How can enterprises detect shadow AI usage?
Shadow AI is the unauthorized usage of AI tools by an organization’s employees, which introduces security risks since the company can’t monitor or secure these systems. Businesses can detect shadow AI in various ways, such as:
- Network scans to detect unknown AI endpoints
- SaaS audits to identify unsanctioned tools
- Secure web gateway logs showing AI-related traffic
- Browser extension reviews and endpoint inventories
- SaaS discovery tools in CASB/SSE solutions
These technical controls can help to identify existing shadow AI usage, but organizations can be proactive as well. Providing education and approved solutions for various tasks can help educate employees about the risks of shadow AI and offer usable alternatives.
Which frameworks guide generative AI governance?
Many organizations have developed frameworks to support GenAI governance and more general AI security governance. Some of the most significant include:
- NIST AI Risk Management Framework: Trustworthiness, accountability, and security principles.
- ISO/IEC 42001: First international standard for AI management systems.
- EU AI Act: Risk-tiered governance obligations for AI deployments in the EU.
- GDPR and sector-specific privacy laws: Requirements for lawful, auditable data handling.

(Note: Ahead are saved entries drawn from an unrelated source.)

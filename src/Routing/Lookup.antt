-- ===== src/Routing/Lookup.antt =====
-- internal/routing/routing.go: the rules of a router by their names.
use netweave.Common.{
  String, ◌≡◌, refl, subst, inl, inr, none, some, List, [], ◌∷◌, arith, if◌then◌else◌, Among, ok,
  err, ◌==◌, eq_iff, Bool-cases, Option-cases,
}
use netweave.Routing.{Rule, Router, RoutingError, rule_not_found}
use netweave.Routing.Rules.{
  Sorter, higher, sort_rules, update_rule, remove_rule, replace_rule, without_rule, find_rule,
  get_rule, Rearranges, none_left, keep, exchange, chain,
}
use netweave.Routing.Order.{Among-rearranges}

find_rule-without_rule :
    (name other : String) (rules : List Rule)
    → find_rule other (without_rule name rules)
      ≡ (if name == other then none else find_rule other rules)
unfolding find_rule without_rule
find_rule-without_rule name other [] = ground arith
find_rule-without_rule name other (rule ∷ rules) = ground (
  arith,
  find_rule-without_rule name other rules,
  eq_iff rule.name name,
  eq_iff rule.name other,
  eq_iff name other,
)

-- After remove_rule no rule of that name is found, and each other name finds what it found before.
pub remove_rule-get_rule :
    (r : Router) (name other : String)
    → get_rule (remove_rule r name) other ≡ (if name == other then none else get_rule r other)
unfolding get_rule remove_rule
remove_rule-get_rule r name other = find_rule-without_rule name other r.rules

back : {A : Type 0} {xs ys : List A} → Rearranges xs ys → Rearranges ys xs
back none_left = none_left
back (keep p) = keep (back p)
back exchange = exchange
back (chain p q) = chain (back q) (back p)

module _ (sorter : Sorter) where
  replaced :
      (rule : Rule) (rules changed : List Rule)
      → replace_rule sorter rule rules ≡ some changed
      → Among rule changed × ((old : Rule) × (find_rule rule.name rules ≡ some old))
  unfolding replace_rule find_rule
  replaced rule [] changed h = absurd (ground arith)
  replaced rule (old ∷ rules) changed h = elim (Bool-cases (old.name == rule.name)) [
    | inl b ↦
        let same : rule ∷ rules ≡ changed = ground arith in
        (subst (Among rule) same (inl refl), (old, rw b refl))
    | inr b ↦ elim (Option-cases (replace_rule sorter rule rules)) [
      | inl e ↦ absurd (ground arith)
      | inr (later, e) ↦
          let same : old ∷ later ≡ changed = ground arith in
          let (there, (q, found)) = replaced rule rules later e in
          (subst (Among rule) same (inr there), (q, rw b found))
    ]
  ]

  not_replaced :
      (rule : Rule) (rules : List Rule)
      → replace_rule sorter rule rules ≡ none
      → find_rule rule.name rules ≡ none
  unfolding replace_rule find_rule
  not_replaced rule [] h = refl
  not_replaced rule (old ∷ rules) h = elim (Bool-cases (old.name == rule.name)) [
    | inl b ↦ absurd (ground arith)
    | inr b ↦ elim (Option-cases (replace_rule sorter rule rules)) [
      | inl e ↦ rw b (not_replaced rule rules e)
      | inr (later, e) ↦ absurd (ground arith)
    ]
  ]

  -- A successful update_rule leaves the given rule among the rules, and a rule of its name was
  -- there; update_rule fails exactly with rule_not_found, and then no rule has the name.
  pub update_rule-get_rule :
      (r : Router) (rule : Rule)
      → ((t : Router)
          → update_rule sorter r rule ≡ ok t
          → Among rule t.rules × ((old : Rule) × (get_rule r rule.name ≡ some old)))
        × ((e : RoutingError)
            → update_rule sorter r rule ≡ err e
            → (e ≡ rule_not_found) × (get_rule r rule.name ≡ none))
  unfolding update_rule get_rule sort_rules
  update_rule-get_rule r rule = elim (Option-cases (replace_rule sorter rule r.rules)) [
    | inl e ↦ (λ t h. absurd (ground arith), λ x h. (ground arith, not_replaced rule r.rules e))
    | inr (changed, e) ↦ (
      λ t h.
          let same : record r { rules = sort_rules sorter changed } ≡ t = ground arith in
          let (there, found) = replaced rule r.rules changed e in
          (
            subst (λ x. Among rule x.rules) same
                (Among-rearranges rule (back (sorter.permutes higher changed)) there),
            found,
          ),
      λ x h. absurd (ground arith),
    )
  ]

These frameworks provide guidance on how to develop effective, scalable AI security programs that align with regulatory requirements. Many organizations adopt elements of these frameworks to develop GenAI and AI security programs tailored to their needs.
Is generative AI security part of zero trust?
While GenAI security isn’t part of zero trust, adopting zero trust principles can dramatically improve the effectiveness of a GenAI security program. Some ways that zero trust can be applied to GenAI security include:
- Identity verification for anyone submitting prompts
- Role-based access to models or AI tools
- Continuous monitoring of AI interactions
- Least privilege for data inputs and model access
Adopting zero trust principles for GenAI security helps to enhance visibility and offers more granular control over AI usage. This can reduce an organization’s exposure to related risks and simplify compliance with applicable regulations.